Больше историй

26 октября 2014 г. 17:07

186

ДВОЙНИК

Двадцать четвёртое октября, пятница. Десять часов вечера. Привычный ресторан на Кутузовском. Я и мой приятель Палыч отдыхаем от трудов праведных - выпиваем, закусываем.

- Посмотри вон на того мужика, за столиком у окна. Никого он тебе не напоминает? - спросил Палыч.

Я посмотрел.

- Усы бы ему - вылитый Володька Трынкин, - сказал я. - Вылитый.

- Нет. Ты приглядись повнимательнее. Усы у него уже есть. Ему бы причёску подлиннее, и вот тогда - вылитый Володька, но не Трынкин, а Сорокин.

- Чем это он закусывает? Кажись, сало. Батюшки святы, да оно голубое! - воскликнул я, изображая взволнованное удивление.

- Очень смешно.

- Трынкин, Сорокин, павлин-мавлин... Хочу вам напомнить, любезный друг, что мы сюда водку кушать пришли. Так что давай лучше накатим, - я поднял наполненную до краёв рюмку. – Ну, за постмодернизм!

Выпиваем, закусываем, о делах наших скорбных калякаем. Но, всё чаще и чаще моё внимание привлекает одиноко сидящий за столиком у окна человек. "А ведь и правда, очень похож на Сорокина", - подумал я. - "И тоже пишет. Слова, слова, слова..." Он что-то быстро записывал в лежащий перед ним на столе блокнот. Странно, жить в двадцать первом веке и не пользоваться гаджетами, а вот так, по старинке - при помощи чернил и бумаги, записывать мысли, или, что он там черкает в своём блокноте.

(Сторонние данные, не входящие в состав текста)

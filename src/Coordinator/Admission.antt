-- ===== src/Coordinator/Admission.antt =====
-- pkg/coordinator/coordinator.go: `Admit`, whether new builds may start. The health of the publisher is
-- an argument, `none` where there is no publisher.
use zincsearch.Prelude.{
  String, List, [], ◌∷◌, ◌++◌, Bool, true, false, not, ◌||◌, if◌then◌else◌, ◌≡◌, ◌↔◌, inl, inr,
  Option, none, some, arith, Any, here, there, Bool-cases, ◌≢◌, refl,
}
use zincsearch.Coordinator.Monitor.{
  NodeState, up, lagging, degraded, suspect, NodeStatus, unknown, down, needs_restore,
}

-- what `Admit` reads of `PublisherHealth`
pub record PublisherHealth : Type 0 where
  pub connected : Bool
  pub failing : Bool
  pub congested : Bool

pub record Admission : Type 0 where
  pub allowed : Bool
  pub reasons : List String

-- the first `switch`
reasons_of : Option PublisherHealth → List String
reasons_of none = []
reasons_of (some h) =
    if not h.connected
    then "the replication stream is not connected" ∷ []
    else if h.failing
    then "publishing to the replication stream fails" ∷ []
    else if h.congested
    then "the local log buffer is filling up" ∷ []
    else []

abbrev pub is_usable : NodeState → Bool
is_usable up = true
is_usable lagging = true
is_usable degraded = true
is_usable suspect = true
is_usable _ = false

-- the loop over the nodes
any_usable : List NodeStatus → Bool
any_usable [] = false
any_usable (s ∷ rest) = is_usable s.state || any_usable rest

abbrev is_empty : List String → Bool
is_empty [] = true
is_empty (r ∷ rs) = false

unfoldable pub admit : Option PublisherHealth → List NodeStatus → Admission
unfolding reasons_of any_usable
admit health statuses =
    let reasons =
      reasons_of health
      ++ (if any_usable statuses then [] else "no ZincSearch node is available" ∷ []) in
    record { allowed = is_empty reasons; reasons = reasons }

-- The publisher, where there is one, has a connection, does not fail and is not congested.
abbrev pub CanPublish : Option PublisherHealth → Type 0
CanPublish none = Unit
CanPublish (some h) = (h.connected ≡ true) × (h.failing ≡ false) × (h.congested ≡ false)

-- A node that can answer: it was heard of, it is not gone and its data are whole.
abbrev pub IsAvailable : NodeStatus → Type 0
IsAvailable s = (s.state ≢ unknown) × (s.state ≢ down) × (s.state ≢ needs_restore)

is_usable_iff :
    (x : NodeState) → (is_usable x ≡ true) ↔ ((x ≢ unknown) × (x ≢ down) × (x ≢ needs_restore))
is_usable_iff unknown = (λ h. cc, λ h. absurd (h.0 refl))
is_usable_iff down = (λ h. cc, λ h. absurd (h.1 refl))
is_usable_iff needs_restore = (λ h. cc, λ h. absurd (h.2 refl))
is_usable_iff up = (λ h. (λ e. cc, λ e. cc, λ e. cc), λ h. refl)
is_usable_iff lagging = (λ h. (λ e. cc, λ e. cc, λ e. cc), λ h. refl)
is_usable_iff degraded = (λ h. (λ e. cc, λ e. cc, λ e. cc), λ h. refl)
is_usable_iff suspect = (λ h. (λ e. cc, λ e. cc, λ e. cc), λ h. refl)

any_usable_iff :
    (statuses : List NodeStatus) → (any_usable statuses ≡ true) ↔ Any IsAvailable statuses
unfolding any_usable
any_usable_iff [] = (λ h. cc, λ m. elim m [ ])
any_usable_iff (s ∷ rest) = (
  λ h. elim (Bool-cases (is_usable s.state)) [
    | inl yes' ↦ here ((is_usable_iff s.state).0 yes')
    | inr no' ↦ there ((any_usable_iff rest).0 (ground (arith, h, no')))
  ],
  λ m. elim m [
    | here yes' ↦ ground (arith, (is_usable_iff s.state).1 yes')
    | there m' ↦ ground (arith, (any_usable_iff rest).1 m')
  ],
)

-- New builds may start exactly when the publisher, if there is one, is connected, does not fail and is
-- not congested, and some node is neither unknown nor down nor in need of a restore.
pub admit-allowed :
    (health : Option PublisherHealth) (statuses : List NodeStatus)
    → ((admit health statuses).allowed ≡ true) ↔ (CanPublish health × Any IsAvailable statuses)
unfolding admit
admit-allowed none statuses = (
  λ h. (tt, (any_usable_iff statuses).0 (ground arith)),
  λ h. ground (arith, (any_usable_iff statuses).1 h.1),
)
admit-allowed (some p) statuses = (
  λ h. ((ground arith, ground arith, ground arith), (any_usable_iff statuses).0 (ground arith)),
  λ h. ground (arith, (any_usable_iff statuses).1 h.1, h.0.0, h.0.1, h.0.2),
)
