-- ===== src/State/Store.antt =====
-- The interface `Store` of pkg/coordinator/state/state.go, and what its comments promise. They say what
-- the errors that it names mean; after any other error, such as a lost connection, a write may have
-- been done or not.
use zincsearch.Text.{has_prefix, str_lt}
use zincsearch.Prelude.{
  ℕ, String, ◌≡◌, ◌<◌, ◌≤◌, Option, none, some, List, str_eq, if◌then◌else◌, Result, ok, err, In,
  ◌∷◌, All, ◌⊎◌, true, ◌≢◌, [], false,
}
use zincsearch.State.Entry.{
  StateErr, not_found, conflict, invalid_key, bad_json, unavailable, Entry,
}

-- An operation that writes returns the store after it beside its result.
pub record Store (V : Type 0) : Type 1 where
  pub St : Type 0
  pub get : St → String → Result StateErr (Entry V)
  pub create : St → String → V → Result StateErr ℕ × St
  pub update : St → String → V → ℕ → Result StateErr ℕ × St
  pub delete : St → String → Result StateErr (Unit {0}) × St
  pub list : St → String → Result StateErr (List (Entry V))

-- What a store holds, as an abstract view of it: the entry of each key, and the highest revision
-- that the key ever had. `HasRoom` says that the next revision does not pass the uint64.
pub record View {V : Type 0} (σ : Store V) : Type 1 where
  pub entry : σ.St → String → Option (Entry V)
  pub top : σ.St → String → ℕ
  pub IsWell : σ.St → Type 0
  pub HasRoom : σ.St → Type 0

-- The errors that do not say whether the call was carried out: none that `Store` names.
abbrev pub IsUncertain : StateErr → Type 0
IsUncertain not_found = ⊥
IsUncertain conflict = ⊥
IsUncertain invalid_key = ⊥
IsUncertain bad_json = Unit
IsUncertain unavailable = Unit

-- A list of entries in the order of their keys.
abbrev pub IsOrdered : {V : Type 0} → List (Entry V) → Type 0
IsOrdered [] = Unit
IsOrdered (e ∷ es) = All (λ f. str_lt f.key e.key ≡ false) es × IsOrdered es

module _ {V : Type 0} {σ : Store V} (view : View σ) where
  open view use {entry, top, IsWell, HasRoom}

  -- `s'` is `s` with a new value under the key, at a revision that the key never had.
  pub record Written (s : σ.St) (k : String) (v : V) (r : ℕ) (s' : σ.St) : Type 0 where
    pub well : IsWell s'
    pub fresh : top s k < r
    pub grows : (j : String) → top s j ≤ top s' j
    pub entries :
        (j : String)
        → entry s' j
          ≡ (if str_eq k j then some (record { key = k; value = v; revision = r }) else entry s j)

  -- `s'` holds what `s` holds.
  pub record Kept (s s' : σ.St) : Type 0 where
    pub well : IsWell s'
    pub grows : (j : String) → top s j ≤ top s' j
    pub entries : (j : String) → entry s' j ≡ entry s j

  -- `s'` is `s` without the key.
  pub record Deleted (s : σ.St) (k : String) (s' : σ.St) : Type 0 where
    pub well : IsWell s'
    pub grows : (j : String) → top s j ≤ top s' j
    pub entries : (j : String) → entry s' j ≡ (if str_eq k j then none else entry s j)

  -- The entry that `Update` replaces: the key has it, at the revision that is expected.
  abbrev pub Expected : σ.St → String → ℕ → Type 0
  Expected s k x = (e : Entry V) × (entry s k ≡ some e) × (e.revision ≡ x)

  -- The entries whose key starts with the prefix, ordered by key.
  abbrev pub Lists : σ.St → String → List (Entry V) → Type 0
  Lists s prefix es =
      ((e : Entry V) → In e es → (entry s e.key ≡ some e) × (has_prefix e.key prefix ≡ true))
      × ((k : String) (e : Entry V) → entry s k ≡ some e → has_prefix k prefix ≡ true → In e es)
      × IsOrdered es

  pub record Laws : Type 1 where
    pub get_ok : (s : σ.St) (k : String) (e : Entry V) → σ.get s k ≡ ok e → entry s k ≡ some e
    pub get_missing : (s : σ.St) (k : String) → σ.get s k ≡ err not_found → entry s k ≡ none
    pub revision_le :
        (s : σ.St) (k : String) (e : Entry V) → IsWell s → entry s k ≡ some e → e.revision ≤ top s k
    pub create_was :
        (s : σ.St) (k : String) (v : V) (r : ℕ) → (σ.create s k v).0 ≡ ok r → entry s k ≡ none
    pub create_ok :
        (s : σ.St) (k : String) (v : V) (r : ℕ)
        → IsWell s
        → HasRoom s
        → (σ.create s k v).0 ≡ ok r
        → Written s k v r (σ.create s k v).1
    pub create_conflict :
        (s : σ.St) (k : String) (v : V)
        → (σ.create s k v).0 ≡ err conflict
        → (e : Entry V) × (entry s k ≡ some e)
    pub create_err :
        (s : σ.St) (k : String) (v : V) (e : StateErr)
        → IsWell s
        → HasRoom s
        → (σ.create s k v).0 ≡ err e
        → Kept s (σ.create s k v).1
          ⊎ (IsUncertain e × (entry s k ≡ none) × ((r : ℕ) × Written s k v r (σ.create s k v).1))
    pub update_was :
        (s : σ.St) (k : String) (v : V) (x r : ℕ) → (σ.update s k v x).0 ≡ ok r → Expected s k x
    pub update_ok :
        (s : σ.St) (k : String) (v : V) (x r : ℕ)
        → IsWell s
        → HasRoom s
        → (σ.update s k v x).0 ≡ ok r
        → Written s k v r (σ.update s k v x).1
    pub update_conflict :
        (s : σ.St) (k : String) (v : V) (x : ℕ)
        → (σ.update s k v x).0 ≡ err conflict
        → (e : Entry V) × (entry s k ≡ some e) × (e.revision ≢ x)
    pub update_missing :
        (s : σ.St) (k : String) (v : V) (x : ℕ)
        → (σ.update s k v x).0 ≡ err not_found
        → entry s k ≡ none
    pub update_err :
        (s : σ.St) (k : String) (v : V) (x : ℕ) (e : StateErr)
        → IsWell s
        → HasRoom s
        → (σ.update s k v x).0 ≡ err e
        → Kept s (σ.update s k v x).1
          ⊎ (IsUncertain e × Expected s k x × ((r : ℕ) × Written s k v r (σ.update s k v x).1))
    pub delete_ok :
        (s : σ.St) (k : String) → IsWell s → (σ.delete s k).0 ≡ ok tt → Deleted s k (σ.delete s k).1
    pub delete_err :
        (s : σ.St) (k : String) (e : StateErr)
        → IsWell s
        → (σ.delete s k).0 ≡ err e
        → Kept s (σ.delete s k).1 ⊎ (IsUncertain e × Deleted s k (σ.delete s k).1)
    pub list_ok :
        (s : σ.St) (prefix : String) (es : List (Entry V))
        → IsWell s
        → σ.list s prefix ≡ ok es
        → Lists s prefix es
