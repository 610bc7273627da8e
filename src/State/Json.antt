-- ===== src/State/Json.antt =====
-- pkg/coordinator/state/state.go: `GetJSON`, `CreateJSON` and `UpdateJSON`, over any store.
pub mod Laws
pub mod Reading
use zincsearch.Prelude.{ℕ, String, Option, none, some, Result, ok, err}
use zincsearch.State.Entry.{StateErr, bad_json, Entry, Codec}
use zincsearch.State.Store.{Store}

module _ {V A : Type 0} (σ : Store V) (c : Codec V A) where
  read_entry : Result StateErr (Entry V) → Result StateErr (A × ℕ)
  read_entry (err x) = err x
  read_entry (ok e) = elim (c.unmarshal e.value) [
    | none ↦ err bad_json
    | some a ↦ ok (a, e.revision)
  ]

  unfoldable pub get_json : σ.St → String → Result StateErr (A × ℕ)
  unfolding read_entry
  get_json s key = read_entry (σ.get s key)

  create_raw : Option V → σ.St → String → Result StateErr ℕ × σ.St
  create_raw none s key = (err bad_json, s)
  create_raw (some raw) s key = σ.create s key raw

  unfoldable pub create_json : σ.St → String → A → Result StateErr ℕ × σ.St
  unfolding create_raw
  create_json s key a = create_raw (c.marshal a) s key

  update_raw : Option V → σ.St → String → ℕ → Result StateErr ℕ × σ.St
  update_raw none s key expected = (err bad_json, s)
  update_raw (some raw) s key expected = σ.update s key raw expected

  unfoldable pub update_json : σ.St → String → A → ℕ → Result StateErr ℕ × σ.St
  unfolding update_raw
  update_json s key a expected = update_raw (c.marshal a) s key expected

- Палыч, ты уже дошел до кондиции?

- До какой?

- До нужной.

- Нет.

- Тогда еще по рюмашке и пойдём знакомиться.

- С кем?

- С Сорокиным, конечно же!

Ох, каких только глупостей не наделаешь по пьяной лавочке!

Мы подошли к его столику. Человек, поразительно похожий на Сорокина, находился в изрядном подпитии, и, возможно, по этой причине легко пошёл на контакт.

Он назвал своё имя: "Владими, - и, выдержав короткую паузу, нагло улыбаясь, добавил - Соокин".

Оказалось, что он картавит - вместо "р" произносит неясный звук.

В ту же минуту мне стало ясно, что передо мной не настоящий Сорокин. Изображая живого классика русского постмодернизма, товарищ явно переигрывал. Уж больно у него холёная, сытая рожа (в облике "настоящего" Сорокина было что-то бунинско-зайцевское, тонкие черты лица русского интеллигента), наглая, самодовольная улыбка (но всем известно, что писателя отличает монашеская скромность), нарочито деланная картавость, как у Бориса Щукина в роли Ильича (у Владимира Георгиевича этот дефект речи почти не заметен). Всё понятно. Передо мной аферист - "сын лейтенанта Шмидта", неумелый актёришка, выдававший себя за Сорокина. Изволите ломать комедию, господин хороший. Ну что ж, с превеликим удовольствием подыграю.

- Скабичевский, - представился я. - А это - мой друг, Панаев.

Услышав наши фамилии, Лжесорокин весь расплылся в улыбке, словно чеширский котяра.

И снова выпиваем и закусываем, теперь уже втроём. Через полчаса Палыча развезло, и он тихонько задремал в мягком кресле. Я заказал бутылочку Johnnie Walker Black Label, и мне уже было всё равно Сорокин это, Трынкин или Шмидт-младший. Мы говорили о курсе доллара, о экономических проблемах, о московских кабаках, о политике партии и правительства, о женщинах лёгкого поведения и не слова о литературе. Через час за Лжесорокиным заехал его водитель. Мы попрощались и они укатили, как пел какой-то попсовый фраер: "в ночь, тёмную ночь". "Самое время продолжить отдых в караоке", - подумал я. Разбудил Палыча, и вызвал такси.